Intended for healthcare professionals

Opinion

Let’s make poor reporting of early phase dose finding clinical trials a thing of the past

BMJ 2023; 383 doi: https://doi.org/10.1136/bmj.p2865 (Published 04 December 2023) Cite this as: BMJ 2023;383:p2865
  1. Christina Yap, professor of clinical trials biostatistics
  1. Clinical Trials and Statistics Unit, Institute of Cancer Research, London, UK

In 2017, I was drafting the first manuscript for a phase I clinical trial. I was familiar with the consolidated standards of reporting trials (Consort) for randomised parallel group trials, so I was surprised by the absence of Consort reporting guidance tailored for early phase dose finding trials.

After searching top medical journals for published dose finding trials to assess how they had been reported, I found huge variation in what was being reported and their quality. This presented some big problems for medical research—poor reporting in clinical trials jeopardises patient safety, erodes public trust, wastes vital resources, and hinders medical progress. Despite the pivotal role of these trials in shaping future clinical development, the importance of quality reporting had arguably been overlooked. It’s undeniable: we need robust reporting guidelines to enhance transparency and ensure reproducibility.

Serendipitously, in 2018 I had the privilege of speaking to the late Doug Altman, a pioneer of the Consort guidance, during the Adaptive Design Consort extension consensus meeting. His enthusiasm for the idea and our subsequent email exchanges inspired me to venture further down this path. And so, the Consort-Define (dose finding committee) guidance was conceived.

The establishment of the Define executive committee was driven by broad recognition by clinicians, trialists, methodologists, and patients of the need to enhance early clinical trial reporting quality. Everyone I approached expressed a willingness to collaborate in tackling this unmet need.

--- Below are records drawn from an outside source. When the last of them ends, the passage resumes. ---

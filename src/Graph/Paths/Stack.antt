-- ===== src/Graph/Paths/Stack.antt =====
-- How the loop of `find_alternative_paths` treats what is on its stack: an entry adds its paths in front
-- of what the entries below it add.
use continuityos.Prelude.{
  ℕ, suc, ◌+◌, String, str_eq, eq_iff, List, [], ◌∷◌, ◌++◌, Bool, true, false, not, ◌&&◌, ◌≡◌, ◌≢◌,
  refl, ap, ◌∙◌, map, Any,
}
use mathlib.Core.List.{append_assoc}
use continuityos.Graph.{DependencyEdge, among}
use continuityos.Graph.Paths.{Partial, extended, push_edges, walk_stack}

pub map-append :
    {A B : Type 0} (f : A → B) (xs ys : List A) → map f (xs ++ ys) ≡ map f xs ++ map f ys
map-append f [] ys = refl
map-append f (x ∷ xs) ys = ap (λ l. f x ∷ l) (map-append f xs ys)

pub map-prefix :
    {A : Type 0} (pre : List A) (x : A) (rs : List (List A))
    → map (λ r. (pre ++ x ∷ []) ++ r) rs ≡ map (λ r. pre ++ r) (map (λ r. x ∷ r) rs)
map-prefix pre x [] = refl
map-prefix pre x (r ∷ rs) =
    ap (λ l. l ∷ map (λ r. (pre ++ x ∷ []) ++ r) rs) (append_assoc pre (x ∷ []) r)
    ∙ ap (λ l. (pre ++ x ∷ r) ∷ l) (map-prefix pre x rs)

-- The path of an entry with something in front of its last node.
abbrev pub entry : List String → String → List String → Partial
entry pre current seen = record { current = current; path = pre ++ current ∷ []; visited = seen }

module _ {F : Type 0} (edges : List (DependencyEdge F)) (target : String)
    (failed : List String) where
  -- An edge between two nodes.
  abbrev pub HasEdge : List (DependencyEdge F) → String → String → Type 0
  HasEdge es x y = Any (λ e. (e.source ≡ x) × (e.target ≡ y)) es

  -- The rest of a path from a node to the target that comes to no node that is seen or failed.
  pub data Route : String → List String → List String → Type 0 where
    arrived : {x : String} {seen : List String} → x ≡ target → Route x seen (x ∷ [])
    onward :
        {x y : String} {seen p : List String}
        → x ≢ target
        → HasEdge edges x y
        → among y seen ≡ false
        → among y failed ≡ false
        → Route y (y ∷ seen) p
        → Route x seen (x ∷ p)

  -- What `rounds` of the loop do with some entries on top of the stack: they add paths that continue
  -- `pre` by each of `rs`.
  abbrev pub Adds : (List String → List Partial → List Partial) → ℕ → List (List String) → Type 0
  Adds pushed rounds rs =
      (pre : List String) (stack : List Partial) (paths : List (List String)) (m n : ℕ)
      → n ≡ rounds + m
      → walk_stack edges target failed n (pushed pre stack) paths
        ≡ walk_stack edges target failed m stack (paths ++ map (λ r. pre ++ r) rs)

  pub walk-arrived :
      (item : Partial) (m : ℕ) (stack : List Partial) (paths : List (List String))
      → item.current ≡ target
      → walk_stack edges target failed (suc m) (item ∷ stack) paths
        ≡ walk_stack edges target failed m stack (paths ++ item.path ∷ [])
  unfolding walk_stack
  walk-arrived item m stack paths e = rw ((eq_iff item.current target).1 e) refl

  pub walk-onward :
      (item : Partial) (m : ℕ) (stack : List Partial) (paths : List (List String))
      → str_eq item.current target ≡ false
      → walk_stack edges target failed (suc m) (item ∷ stack) paths
        ≡ walk_stack edges target failed m (push_edges failed item edges stack) paths
  unfolding walk_stack
  walk-onward item m stack paths e = rw e refl

  -- Whether the loop over the edges takes this one on.
  abbrev pub is_taken : String → List String → DependencyEdge F → Bool
  is_taken current seen e =
      str_eq e.source current && (not (among e.target seen) && not (among e.target failed))

  pub push-taken :
      (item : Partial) (e : DependencyEdge F) (es : List (DependencyEdge F)) (stack : List Partial)
      → is_taken item.current item.visited e ≡ true
      → push_edges failed item (e ∷ es) stack
        ≡ push_edges failed item es (extended item e.target ∷ stack)
  unfolding push_edges
  push-taken item e es stack h = rw h refl

  pub push-left :
      (item : Partial) (e : DependencyEdge F) (es : List (DependencyEdge F)) (stack : List Partial)
      → is_taken item.current item.visited e ≡ false
      → push_edges failed item (e ∷ es) stack ≡ push_edges failed item es stack
  unfolding push_edges
  push-left item e es stack h = rw h refl

  pub push-none :
      (item : Partial) (stack : List Partial) → push_edges {F = F} failed item [] stack ≡ stack
  unfolding push_edges
  push-none item stack = refl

Our journey wasn’t without obstacles. While our first funding application didn’t get the green light, perseverance led to the UK Medical Research Council and National Institute for Health and Care Research funding the study in 2020. While developing Consort-Define, it became increasingly evident that there was also a pressing need to enhance protocols for early phase dose finding trials, linking protocol guidance (Spirit-Define) seamlessly with its reporting counterpart for trial reports (Consort-Define). But roadblocks persisted. Our Spirit-Define application, despite a commendable score of 8 out of 10 and outstanding peer reviews, went unfunded. This situation underlines the often overlooked significance of funding methodology research, the very backbone of rigorous scientific endeavours. Resolute, we leveraged internal resources, and engaged additional external partners to propel the Spirit-Define and Consort-Define vision.

Another challenge was our ambitious goal to encompass early phase dose finding trials across diverse interventions (both pharmacological and non-pharmacological) and disease areas. Given the variations in terminologies and trial designs in areas such as first-in-human trials, oncology, and non-oncology trials, it was imperative for the Define executive committee to precisely define the scope of the guidelines.1

While we anticipated various modifications and additions to the standard Spirit and Consort checklists, what took us by surprise was the sheer number of items that emerged as critically important. Furthermore, while we initially expected participation from around 100 people in the Delphi survey, we were astounded to have 206 participants from 24 different countries contribute to shaping the guidelines2.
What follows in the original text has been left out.